FIGURE 3.

Analysis of postulated STAT3 binding site within the cytoplasmic region of the murine IL-23R. A, IL-23R mutants (mouse Y426F, Y504F, Y542F, and Y626F; human Y397F, Y463F, and Y611F) were generated by site-directed mutagenesis. A scheme of the positions of the resulting tyrosine (Y) to phenylalanine (F) substitutions introduced in the wild-type IL-23R cytoplasmic domain is shown. The second receptor of the IL-23 signaling complex, IL-12Rβ1, remains unmodified. B, p409 expression vectors containing the cDNAs were co-transfected into HeLa cells as indicated. Cells were starved overnight, followed by stimulation with 0.2% HIL-23. Whole cellular lysates have been prepared, and equal amounts of proteins (50 μg/lane) were loaded onto SDS gels. Western blots were performed with antibodies specific for phospho-STAT3. Membranes were reprobed after stripping with STAT3 antibodies.
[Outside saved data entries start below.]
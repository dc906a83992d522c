-- ===== src/Auth/Digest/Parsing.antt =====
-- What is read from an `Authorization` field, and from the challenge.
use gate_control.Base.{
  ℕ, suc, ◌≤◌, ◌<◌, Bool, true, false, List, [], ◌∷◌, ◌++◌, Option, none, some, length,
  length-append, if◌then◌else◌, ◌≡◌, refl, ap, ◌∙◌, map, All, arith,
}
use gate_control.Base.Text.{Str, codes, str_eq, starts_with}
use gate_control.Auth.Fields.{Match, matches, unquote}
use gate_control.Auth.Fields.Written.{Field, quotes, word, pair, field_text, fields_text, IsField}
use gate_control.Auth.Fields.RoundTrip.{key_value, matches-Digest}
use gate_control.Auth.Digest.{
  DigestAuth, no_fields, set_field, set_fields, is_valid, parse_digest_auth_field,
  generate_digest_response,
}

-- The fields matter, and not how they were written.
set_pairs : DigestAuth → List (Str × Str) → DigestAuth
set_pairs d [] = d
set_pairs d ((k, v) ∷ ps) = set_pairs (set_field k v d) ps

set_fields-pairs :
    (d : DigestAuth) (ms : List Match) → set_fields d ms ≡ set_pairs d (map key_value ms)
unfolding set_fields set_pairs
set_fields-pairs d [] = refl
set_fields-pairs d (m ∷ ms) = set_fields-pairs (set_field m.key (unquote m.value) d) ms

length-field_text : (f : Field) (s : Str) → length s < length (field_text f s)
length-field_text (quotes k v) s =
    omega (arith, length-append k (b'=' ∷ b'"' ∷ (v ++ (b'"' ∷ s))), length-append v (b'"' ∷ s))
length-field_text (word k v) s = omega (arith, length-append k (b'=' ∷ (v ++ s)), length-append v s)

length-fields_text : (fs : List Field) → length fs ≤ length (fields_text fs)
length-fields_text [] = omega arith
length-fields_text (f ∷ []) = omega (arith, length-field_text f [])
length-fields_text (f ∷ g ∷ fs) =
    omega
      (arith, length-field_text f (b',' ∷ b' ' ∷ fields_text (g ∷ fs)), length-fields_text (g ∷ fs))

-- How a client writes a digest.
abbrev optional : Option Str → (Str → Field) → List Field → List Field
optional none f rest = rest
optional (some v) f rest = f v ∷ rest

abbrev more_fields : DigestAuth → List Field
more_fields d =
    quotes (codes "realm") d.realm
    ∷ quotes (codes "nonce") d.nonce
    ∷ quotes (codes "uri") d.uri
    ∷ quotes (codes "response") d.response
    ∷ optional d.opaque (quotes (codes "opaque")) (
        optional d.qop (word (codes "qop"))
          (optional d.nc (word (codes "nc")) (optional d.cnonce (quotes (codes "cnonce")) [])))

abbrev pub digest_fields : DigestAuth → List Field
digest_fields d = quotes (codes "username") d.username ∷ more_fields d

abbrev pub digest_text : DigestAuth → Str
digest_text d = codes "Digest " ++ fields_text (digest_fields d)

set_pairs-digest_fields :
    (d : DigestAuth) (opaque qop nc cnonce : Option Str)
    → set_pairs no_fields (
        map pair
          (digest_fields (record d { opaque = opaque; qop = qop; nc = nc; cnonce = cnonce })))
      ≡ record d { opaque = opaque; qop = qop; nc = nc; cnonce = cnonce }
unfolding set_pairs set_field str_eq
set_pairs-digest_fields d o q n c = ground arith

-- A valid digest that is written by its fields is read as it was.
pub parse_digest_auth_field-digest_text :
    (d : DigestAuth)
    → All IsField (digest_fields d)
    → is_valid d ≡ true
    → parse_digest_auth_field (digest_text d) ≡ some d
unfolding parse_digest_auth_field starts_with
parse_digest_auth_field-digest_text d v valid = rw (read, valid)
  where
    read : set_fields no_fields (matches (suc (length (digest_text d))) (digest_text d)) ≡ d
    read =
        set_fields-pairs no_fields (matches (suc (length (digest_text d))) (digest_text d))
        ∙ ap (set_pairs no_fields) (
            matches-Digest (suc (length (digest_text d))) (quotes (codes "username") d.username)
              (more_fields d) (omega (arith, length-fields_text (digest_fields d))) v)
        ∙ set_pairs-digest_fields d d.opaque d.qop d.nc d.cnonce

-- What a client reads in the challenge.
abbrev after_realm : Str → Str → Bool → List Field
after_realm nonce opaque stale =
    quotes (codes "nonce") nonce
    ∷ word (codes "algorithm") (codes "SHA-256")
    ∷ quotes (codes "qop") (codes "auth")
    ∷ quotes (codes "opaque") opaque
    ∷ (if stale then word (codes "stale") (codes "TRUE") ∷ [] else [])

abbrev realm_field : Field
realm_field = quotes (codes "realm") (codes "viewcontrol")

generate_digest_response-fields :
    (nonce opaque : Str) (stale : Bool)
    → generate_digest_response nonce opaque stale
      ≡ codes "Digest " ++ fields_text (realm_field ∷ after_realm nonce opaque stale)
unfolding generate_digest_response
generate_digest_response-fields nonce opaque true = refl
generate_digest_response-fields nonce opaque false = refl

realm_field-IsField : IsField realm_field
realm_field-IsField = ground arith

after_realm-IsField :
    (nonce opaque : Str) (stale : Bool)
    → IsField (quotes (codes "nonce") nonce)
    → IsField (quotes (codes "opaque") opaque)
    → All IsField (after_realm nonce opaque stale)
after_realm-IsField nonce opaque true n o =
    (n, (ground arith, (ground arith, (o, (ground arith, tt)))))
after_realm-IsField nonce opaque false n o = (n, (ground arith, (ground arith, (o, tt))))

-- A client reads the nonce and the opaque value back from the challenge, and whether its own nonce
-- was stale, where neither of the two holds a quote or a line end.
pub generate_digest_response-matches :
    (nonce opaque : Str) (stale : Bool) (fuel : ℕ)
    → 6 < fuel
    → IsField (quotes (codes "nonce") nonce)
    → IsField (quotes (codes "opaque") opaque)
    → map key_value (matches fuel (generate_digest_response nonce opaque stale))
      ≡ (codes "realm", codes "viewcontrol")
        ∷ (codes "nonce", nonce)
        ∷ (codes "algorithm", codes "SHA-256")
        ∷ (codes "qop", codes "auth")
        ∷ (codes "opaque", opaque)
        ∷ (if stale then (codes "stale", codes "TRUE") ∷ [] else [])
generate_digest_response-matches nonce opaque stale fuel h n o =
    ap (λ s. map key_value (matches fuel s)) (generate_digest_response-fields nonce opaque stale)
    ∙ matches-Digest fuel realm_field (after_realm nonce opaque stale) (short stale)
        (realm_field-IsField, after_realm-IsField nonce opaque stale n o)
    ∙ pairs stale
  where
    short : (b : Bool) → length (realm_field ∷ after_realm nonce opaque b) < fuel
    short true = omega arith
    short false = omega arith

    pairs :
        (b : Bool)
        → map pair (realm_field ∷ after_realm nonce opaque b)
          ≡ (codes "realm", codes "viewcontrol")
            ∷ (codes "nonce", nonce)
            ∷ (codes "algorithm", codes "SHA-256")
            ∷ (codes "qop", codes "auth")
            ∷ (codes "opaque", opaque)
            ∷ (if b then (codes "stale", codes "TRUE") ∷ [] else [])
    pairs true = refl
    pairs false = refl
Corresponding stably transduced Ba/F3-gp130 cells were washed three times with PBS and starved for 5 h, followed by stimulation with 0.2% HIL-23 for 10 min. Whole cellular lysates have been prepared and subjected to Western blot analysis as described for HeLa experiments. The presented Western blots originate from different membranes and are therefore separated by black lines. Data are representative of at least two independent experiments. C, stably transduced Ba/F3-gp130 cells were analyzed in a proliferation assay. After 48 h of stimulation with 0.2% HIL-23, proliferation of cells was measured using the colorimetric CellTiter-Blue® cell viability assay. Values represent the mean value of three repetitions and were normalized by subtraction of time point 0 values. For comparison of the independent stably transduced Ba/F3-gp130 cell lines, n-fold proliferation was calculated by setting the negative control of each Ba/F3 cell line to a value of 1. Data are representative of at least two independent experiments. Error bars, S.D.